Instructions to follow
What is needed here is an exact repetition of the records below, beginning at the line that has "let h = Spends-more" and stopping after the line that has "go_on (stops reply".

Entries taken from a collection
----
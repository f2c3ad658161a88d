-- ===== src/Handlers/SingleToken/Retries.antt =====
-- The retries of the single-token path in internal/handlers/oauth_responses.go, and the waits
-- between them.
use droid_proxy.Prelude.{
  ℕ, zero, suc, ◌+◌, ◌-◌, ◌<◌, ◌≤◌, ◌≡◌, refl, sym, subst, inl, inr, Bool, false, Option, none,
  some, [], String, if◌then◌else◌, arith, count, All, Option-cases,
}
use droid_proxy.Prelude.Numbers.{Time}
use droid_proxy.Prelude.GoLibrary.{GoLibrary}
use droid_proxy.OAuth.Quota.{CodexQuota}
use droid_proxy.Handlers.Cooldown.{Headers, retry_after_time}
use droid_proxy.Handlers.Payload.{Payload, strip_reasoning_input_items}
use droid_proxy.Handlers.Exchange.{coalesce, Response, Reply, sent}
use droid_proxy.Handlers.Failover.Budget.{is_sent}
use droid_proxy.Handlers.SingleToken.{
  Turn, Single, Turned, stops, passes, again, capacity_retry_max_delay, capacity_retry_delay,
  refuse, judge, record_headers, turn, deliver, note_if, turns, request_single_token, note,
}

module _ (go : GoLibrary) where
  -- The wait before a retry is at most ten seconds, whatever Retry-After says.
  capacity_retry_delay_le :
      (headers : Headers) (attempt : ℕ) (now : Time)
      → attempt < 2
      → capacity_retry_delay go headers attempt now ≤ capacity_retry_max_delay
  unfolding capacity_retry_delay
  capacity_retry_delay_le headers zero now h =
      elim (Option-cases (retry_after_time go headers now)) [
        | inl n ↦ ground arith
        | inr (at, n) ↦ ground arith
      ]
  capacity_retry_delay_le headers (suc zero) now h =
      elim (Option-cases (retry_after_time go headers now)) [
        | inl n ↦ ground arith
        | inr (at, n) ↦ ground arith
      ]
  capacity_retry_delay_le headers (suc (suc n)) now h = absurd (omega arith)

  module _ (is_stream is_codex : Bool) (path : String) where
    abbrev pub requests : Single → ℕ
    requests s = count is_sent s.calls

    -- The rounds that may still come.
    abbrev rounds_left : Single → ℕ
    rounds_left s = (2 - s.capacity_retries) + (if s.stripped_reasoning then 0 else 1)

    abbrev Waited : Single → Type 0
    Waited s = All (λ w. w ≤ capacity_retry_max_delay) s.waits

    -- At most `n` requests are sent; a round waits at most ten seconds, and goes on only by spending
    -- one of the rounds left.
    abbrev Spends : ℕ → Single → Turned → Type 0
    Spends n s (stops reply t) = (requests t ≤ requests s + n) × Waited t
    Spends n s (passes resp t) = (requests t ≤ requests s + n) × Waited t
    Spends n s (again t) =
        (requests t ≤ requests s + n) × (rounds_left t < rounds_left s) × Waited t

    refuse-Spends :
        (t : Turn) (resp : Response) (raw : String) (s : Single) (p : Payload × Bool)
        → Waited s
        → Spends 0 s (refuse go is_stream is_codex path t resp raw s p)
    refuse-Spends t resp raw s (stripped, changed) w =
        ground (arith, w, capacity_retry_delay_le resp.headers s.capacity_retries t.now)

    judge-Spends :
        (t : Turn) (resp : Response) (s : Single)
        → Waited s
        → Spends 0 s (judge go is_stream is_codex path t resp s)
    judge-Spends t resp s w = elim (Option-cases resp.body) [
      | inl n ↦ ground (arith, w)
      | inr (raw, e) ↦ ground (
        arith,
        w,
        refuse-Spends t resp raw s (strip_reasoning_input_items go t.payload_written s.payload) w,
      )
    ]

    -- Of a state that differs in its calls alone.
    Spends-more :
        (s u : Single) (o : Turned)
        → requests u ≡ requests s + 1
        → rounds_left u ≡ rounds_left s
        → Spends 0 u o
        → Spends 1 s o
    Spends-more s u (stops reply t) e f h = (omega (arith, e, h.0), h.1)
    Spends-more s u (passes resp t) e f h = (omega (arith, e, h.0), h.1)
    Spends-more s u (again t) e f h = (omega (arith, e, h.0), omega (arith, f, h.1), h.2)

    record_headers-requests :
        (resp : Response) (s : Single)
        → requests (record_headers go is_stream is_codex path resp s) ≡ requests s
    record_headers-requests resp s = ground arith

    turn-Spends :
        (t : Turn) (s : Single) → Waited s → Spends 1 s (turn go is_stream is_codex path t s)
    unfolding turn
    turn-Spends t s w = elim (Option-cases t.response) [
      | inl n ↦ ground (arith, w)
      | inr (resp, e) ↦
          let u = record_headers go is_stream is_codex path resp (note (sent path s.payload) s) in
          let v : Waited u = ground (arith, w) in
          let h = Spends-more s u _ (ground arith) (ground arith) (judge-Spends t resp u v) in
          ground (arith, w, h)
    ]

    note_if-alike :
        (q : Option CodexQuota) (s : Single)
        → (requests (note_if path q s) ≡ requests s) × ((note_if path q s).waits ≡ s.waits)
    note_if-alike none s = (refl, refl)
    note_if-alike (some q) s = (refl, refl)

    deliver-alike :
        (resp : Response) (s : Single)
        → (requests (deliver go is_stream is_codex path resp s).1 ≡ requests s)
          × ((deliver go is_stream is_codex path resp s).1.waits ≡ s.waits)
    unfolding deliver
    deliver-alike resp s =
        ground (
          arith,
          note_if-alike (coalesce none resp.stream_quotas) s,
          note_if-alike resp.body_quota s,
        )

    abbrev Bounded : ℕ → Reply × Single → Type 0
    Bounded n x = (requests x.1 ≤ n) × Waited x.1

    turns-Bounded :
        (fuel i : ℕ) (world : ℕ → Turn) (s : Single)
        → Waited s
        → rounds_left s < fuel
        → (x : Reply × Single) × (turns go is_stream is_codex path fuel world i s ≡ some x)
          × Bounded (requests s + fuel) x
    unfolding turns
    turns-Bounded zero i world s w l = absurd (omega arith)
    turns-Bounded (suc fuel) i world s w l =
        go_on (turn go is_stream is_codex path (world i) s) (turn-Spends (world i) s w)
          (λ u v k. turns-Bounded fuel (i + 1) world u v k)
      where
        go_on :
            (o : Turned)
            → Spends 1 s o
            → ((u : Single)
                → Waited u
                → rounds_left u < fuel
                → (x : Reply × Single) × (turns go is_stream is_codex path fuel world (i + 1) u
                    ≡ some x)
                  × Bounded (requests u + fuel) x)
            → (x : Reply × Single) × ((elim o [
              | stops reply t ↦ some (reply, t)
              | passes resp t ↦ some (deliver go is_stream is_codex path resp t)
              | again t ↦ turns go is_stream is_codex path fuel world (i + 1) t
            ])
                ≡ some x)
              × Bounded (requests s + suc fuel) x
        go_on (stops reply t) h f = ((reply, t), refl, (omega (arith, h.0), h.1))
        go_on (passes resp t) h f =
            let (p, q) = deliver-alike resp t in
            (
              deliver go is_stream is_codex path resp t,
              refl,
              (omega (arith, p, h.0), subst (All (λ w. w ≤ capacity_retry_max_delay)) (sym q) h.1),
            )
        go_on (again t) h f =
            let (x, e, (b, w)) = f t h.2 (omega (arith, h.1)) in (x, e, (omega (arith, b, h.0), w))

    -- A request on the single-token path always comes to a reply, after at most four requests to
    -- the upstream (one, two retries for capacity, and one without reasoning items), and no wait
    -- between them is longer than ten seconds, whatever the upstream asks for.
    pub request_single_token_bounded :
        (world : ℕ → Turn) (payload : Payload)
        → (x : Reply × Single) × (request_single_token go is_stream is_codex path world payload
            ≡ some x)
          × (requests x.1 ≤ 4)
          × All (λ w. w ≤ capacity_retry_max_delay) x.1.waits
    unfolding request_single_token
    request_single_token_bounded world payload =
        let (x, e, (b, w)) =
          turns-Bounded 4 0 world
            (record {
              payload = payload;
              stripped_reasoning = false;
              capacity_retries = 0;
              calls = [];
              waits = [];
            })
            tt (omega arith) in
        (x, e, b, w)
----
Your response
          let h = Spends-more s u _ (ground arith) (ground arith) (judge-Spends t resp u v) in
          ground (arith, w, h)
    ]

    note_if-alike :
        (q : Option CodexQuota) (s : Single)
        → (requests (note_if path q s) ≡ requests s) × ((note_if path q s).waits ≡ s.waits)
    note_if-alike none s = (refl, refl)
    note_if-alike (some q) s = (refl, refl)

    deliver-alike :
        (resp : Response) (s : Single)
        → (requests (deliver go is_stream is_codex path resp s).1 ≡ requests s)
          × ((deliver go is_stream is_codex path resp s).1.waits ≡ s.waits)
    unfolding deliver
    deliver-alike resp s =
        ground (
          arith,
          note_if-alike (coalesce none resp.stream_quotas) s,
          note_if-alike resp.body_quota s,
        )

    abbrev Bounded : ℕ → Reply × Single → Type 0
    Bounded n x = (requests x.1 ≤ n) × Waited x.1

    turns-Bounded :
        (fuel i : ℕ) (world : ℕ → Turn) (s : Single)
        → Waited s
        → rounds_left s < fuel
        → (x : Reply × Single) × (turns go is_stream is_codex path fuel world i s ≡ some x)
          × Bounded (requests s + fuel) x
    unfolding turns
    turns-Bounded zero i world s w l = absurd (omega arith)
    turns-Bounded (suc fuel) i world s w l =
        go_on (turn go is_stream is_codex path (world i) s) (turn-Spends (world i) s w)
          (λ u v k. turns-Bounded fuel (i + 1) world u v k)
      where
        go_on :
            (o : Turned)
            → Spends 1 s o
            → ((u : Single)
                → Waited u
                → rounds_left u < fuel
                → (x : Reply × Single) × (turns go is_stream is_codex path fuel world (i + 1) u
                    ≡ some x)
                  × Bounded (requests u + fuel) x)
            → (x : Reply × Single) × ((elim o [
              | stops reply t ↦ some (reply, t)
              | passes resp t ↦ some (deliver go is_stream is_codex path resp t)
              | again t ↦ turns go is_stream is_codex path fuel world (i + 1) t
            ])
                ≡ some x)
              × Bounded (requests s + suc fuel) x
        go_on (stops reply t) h f = ((reply, t), refl, (omega (arith, h.0), h.1))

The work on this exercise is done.